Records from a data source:
((

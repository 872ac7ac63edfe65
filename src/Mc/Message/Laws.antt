-- ===== src/Mc/Message/Laws.antt =====
-- Round trips of peer descriptions and of query results.
use mathlib.Core.List.{append_assoc, append-nil}
use concat.Base.{
  ◌≡◌, refl, ◌∙◌, Text, text_eq, List, [], ◌∷◌, ◌++◌, map, ok, ◌>>=◌, >>=-eq-ok, >>=_assoc,
  >>=_cong, arith, none,
}
use concat.Base.Dict.{Dict, lookup, NodupKeys, NodupKeys-append, put_new}
use concat.Query.Selector.{Scalar, int, int64, string, stmt_ptr, body_ptr}
use concat.Query.ResultSet.{Value, scalar, object}
use concat.Mc.Message.{
  PeerInfo, Codec, IsLawful, pb_from_peer_info, decode_addrs, pb_to_peer_info, simple_value,
  compound_value, simple_value_of, fields_of, value_of, result_value,
}

module _ (c : Codec) (law : IsLawful c) where
  decode_addrs-map : (addrs : List Text) → decode_addrs c (map c.addr_bytes addrs) ≡ ok addrs
  unfolding decode_addrs
  decode_addrs-map [] = refl
  decode_addrs-map (a ∷ addrs) = rw (law.decode_addr-addr_bytes a, decode_addrs-map addrs)

  -- A peer description that is written to a message and read back is the same, address for address.
  pub pb_to_peer_info-pb_from_peer_info :
      (p : PeerInfo) → pb_to_peer_info c (pb_from_peer_info c p) ≡ ok p
  unfolding pb_to_peer_info pb_from_peer_info
  pb_to_peer_info-pb_from_peer_info p = rw (law.decode_id-pretty p.id, decode_addrs-map p.addrs)

-- What the reader of a query result sees: an `int` comes back as an `int64`.
abbrev pub widen : Scalar → Scalar
widen (int n) = int64 n
widen (int64 n) = int64 n
widen (string s) = string s
widen (stmt_ptr p) = stmt_ptr p
widen (body_ptr p) = body_ptr p

pub widen_fields : Dict Text Scalar → Dict Text Scalar
widen_fields [] = []
widen_fields ((k, v) ∷ d) = (k, widen v) ∷ widen_fields d

-- Objects are Go maps: no field stands twice.
abbrev pub IsValue : Value → Type 0
IsValue (scalar v) = Unit
IsValue (object d) = NodupKeys d

abbrev pub widen_value : Value → Value
widen_value (scalar v) = scalar (widen v)
widen_value (object d) = object (widen_fields d)

lookup-widen_fields :
    (d : Dict Text Scalar) (k : Text) → lookup d k ≡ none → lookup (widen_fields d) k ≡ none
unfolding lookup widen_fields
lookup-widen_fields [] k h = refl
lookup-widen_fields ((j, v) ∷ d) k h = ground (arith, lookup-widen_fields d k)

widen_fields-NodupKeys : (d : Dict Text Scalar) → NodupKeys d → NodupKeys (widen_fields d)
unfolding widen_fields
widen_fields-NodupKeys [] u = tt
widen_fields-NodupKeys ((k, v) ∷ d) (fresh, u) =
    (lookup-widen_fields d k fresh, widen_fields-NodupKeys d u)

-- One field there and back.
wired : (v : Scalar) → (simple_value v >>= simple_value_of) ≡ ok (widen v)
unfolding simple_value simple_value_of
wired (int n) = refl
wired (int64 n) = refl
wired (string s) = refl
wired (stmt_ptr p) = refl
wired (body_ptr p) = refl

wired_fields :
    (d : Dict Text Scalar) (acc : Dict Text Scalar)
    → NodupKeys (acc ++ widen_fields d)
    → (compound_value d >>= fields_of acc) ≡ ok (acc ++ widen_fields d)
unfolding compound_value fields_of widen_fields
wired_fields [] acc u = rw append-nil
wired_fields ((k, v) ∷ d) acc u =
    let fresh = NodupKeys-append acc k (widen v) (widen_fields d) u in
    let (sv, made, back) = >>=-eq-ok (simple_value v) simple_value_of (wired v) in
    let split = append_assoc acc ((k, widen v) ∷ []) (widen_fields d) in
    let rest = wired_fields d (acc ++ ((k, widen v) ∷ [])) (rw split u) in
    rw made (
      >>=_assoc (compound_value d) _ _
      ∙ >>=_cong (compound_value d) _ (fields_of (acc ++ ((k, widen v) ∷ [])))
          (λ kvs. rw (back, put_new acc k (widen v) fresh))
      ∙ rest
      ∙ rw split)

-- A query result that is turned into its message and then back, both in memory, is the same value, but
-- that an `int` has become an `int64`; neither conversion fails. An object keeps its fields, and a
-- statement is the same pointer. The encoding of the message is not part of this.
pub value_of-result_value :
    (v : Value) → IsValue v → (result_value v >>= value_of) ≡ ok (widen_value v)
unfolding result_value value_of
value_of-result_value (scalar v) u =
    let (sv, made, back) = >>=-eq-ok (simple_value v) simple_value_of (wired v) in rw (made, back)
value_of-result_value (object d) u =
    let done = wired_fields d [] (widen_fields-NodupKeys d u) in
    let (kvs, made, back) = >>=-eq-ok (compound_value d) (fields_of []) done in rw (made, back)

))

- **Exercise instructions**: Give the entries again in full, exactly as they are written.

- **Result of this task**:
repository 872ac7ac63edfe65
filename src/Mc/Message/Laws.antt
-- ===== src/Mc/Message/Laws.antt =====
-- Round trips of peer descriptions and of query results.
use mathlib.Core.List.{append_assoc, append-nil}
use concat.Base.{
  ◌≡◌, refl, ◌∙◌, Text, text_eq, List, [], ◌∷◌, ◌++◌, map, ok, ◌>>=◌, >>=-eq-ok, >>=_assoc,
  >>=_cong, arith, none,
}
use concat.Base.Dict.{Dict, lookup, NodupKeys, NodupKeys-append, put_new}
use concat.Query.Selector.{Scalar, int, int64, string, stmt_ptr, body_ptr}
use concat.Query.ResultSet.{Value, scalar, object}
use concat.Mc.Message.{
  PeerInfo, Codec, IsLawful, pb_from_peer_info, decode_addrs, pb_to_peer_info, simple_value,
  compound_value, simple_value_of, fields_of, value_of, result_value,
}

module _ (c : Codec) (law : IsLawful c) where
  decode_addrs-map : (addrs : List Text) → decode_addrs c (map c.addr_bytes addrs) ≡ ok addrs
  unfolding decode_addrs
  decode_addrs-map [] = refl
  decode_addrs-map (a ∷ addrs) = rw (law.decode_addr-addr_bytes a, decode_addrs-map addrs)

  -- A peer description that is written to a message and read back is the same, address for address.
  pub pb_to_peer_info-pb_from_peer_info :
      (p : PeerInfo) → pb_to_peer_info c (pb_from_peer_info c p) ≡ ok p
  unfolding pb_to_peer_info pb_from_peer_info
  pb_to_peer_info-pb_from_peer_info p = rw (law.decode_id-pretty p.id, decode_addrs-map p.addrs)

-- What the reader of a query result sees: an `int` comes back as an `int64`.
abbrev pub widen : Scalar → Scalar
widen (int n) = int64 n
widen (int64 n) = int64 n
widen (string s) = string s
widen (stmt_ptr p) = stmt_ptr p
widen (body_ptr p) = body_ptr p

pub widen_fields : Dict Text Scalar → Dict Text Scalar
widen_fields [] = []
widen_fields ((k, v) ∷ d) = (k, widen v) ∷ widen_fields d

-- Objects are Go maps: no field stands twice.
abbrev pub IsValue : Value → Type 0
IsValue (scalar v) = Unit
IsValue (object d) = NodupKeys d

abbrev pub widen_value : Value → Value
widen_value (scalar v) = scalar (widen v)
widen_value (object d) = object (widen_fields d)

lookup-widen_fields :
    (d : Dict Text Scalar) (k : Text) → lookup d k ≡ none → lookup (widen_fields d) k ≡ none
unfolding lookup widen_fields
lookup-widen_fields [] k h = refl
lookup-widen_fields ((j, v) ∷ d) k h = ground (arith, lookup-widen_fields d k)

widen_fields-NodupKeys : (d : Dict Text Scalar) → NodupKeys d → NodupKeys (widen_fields d)
unfolding widen_fields
widen_fields-NodupKeys [] u = tt
widen_fields-NodupKeys ((k, v) ∷ d) (fresh, u) =
    (lookup-widen_fields d k fresh, widen_fields-NodupKeys d u)

-- One field there and back.
wired : (v : Scalar) → (simple_value v >>= simple_value_of) ≡ ok (widen v)
unfolding simple_value simple_value_of
wired (int n) = refl
wired (int64 n) = refl
wired (string s) = refl
wired (stmt_ptr p) = refl
wired (body_ptr p) = refl

wired_fields :
    (d : Dict Text Scalar) (acc : Dict Text Scalar)
    → NodupKeys (acc ++ widen_fields d)
    → (compound_value d >>= fields_of acc) ≡ ok (acc ++ widen_fields d)
unfolding compound_value fields_of widen_fields
wired_fields [] acc u = rw append-nil
wired_fields ((k, v) ∷ d) acc u =
    let fresh = NodupKeys-append acc k (widen v) (widen_fields d) u in
    let (sv, made, back) = >>=-eq-ok (simple_value v) simple_value_of (wired v) in
    let split = append_assoc acc ((k, widen v) ∷ []) (widen_fields d) in
    let rest = wired_fields d (acc ++ ((k, widen v) ∷ [])) (rw split u) in
    rw made (
      >>=_assoc (compound_value d) _ _
      ∙ >>=_cong (compound_value d) _ (fields_of (acc ++ ((k, widen v) ∷ [])))
          (λ kvs. rw (back, put_new acc k (widen v) fresh))
      ∙ rest
      ∙ rw split)

-- A query result that is turned into its message and then back, both in memory, is the same value, but
-- that an `int` has become an `int64`; neither conversion fails. An object keeps its fields, and a
-- statement is the same pointer. The encoding of the message is not part of this.
pub value_of-result_value :
    (v : Value) → IsValue v → (result_value v >>= value_of) ≡ ok (widen_value v)
unfolding result_value value_of
value_of-result_value (scalar v) u =
    let (sv, made, back) = >>=-eq-ok (simple_value v) simple_value_of (wired v) in rw (made, back)
value_of-result_value (object d) u =
    let done = wired_fields d [] (widen_fields-NodupKeys d u) in
    let (kvs, made, back) = >>=-eq-ok (compound_value d) (fields_of []) done in rw (made, back)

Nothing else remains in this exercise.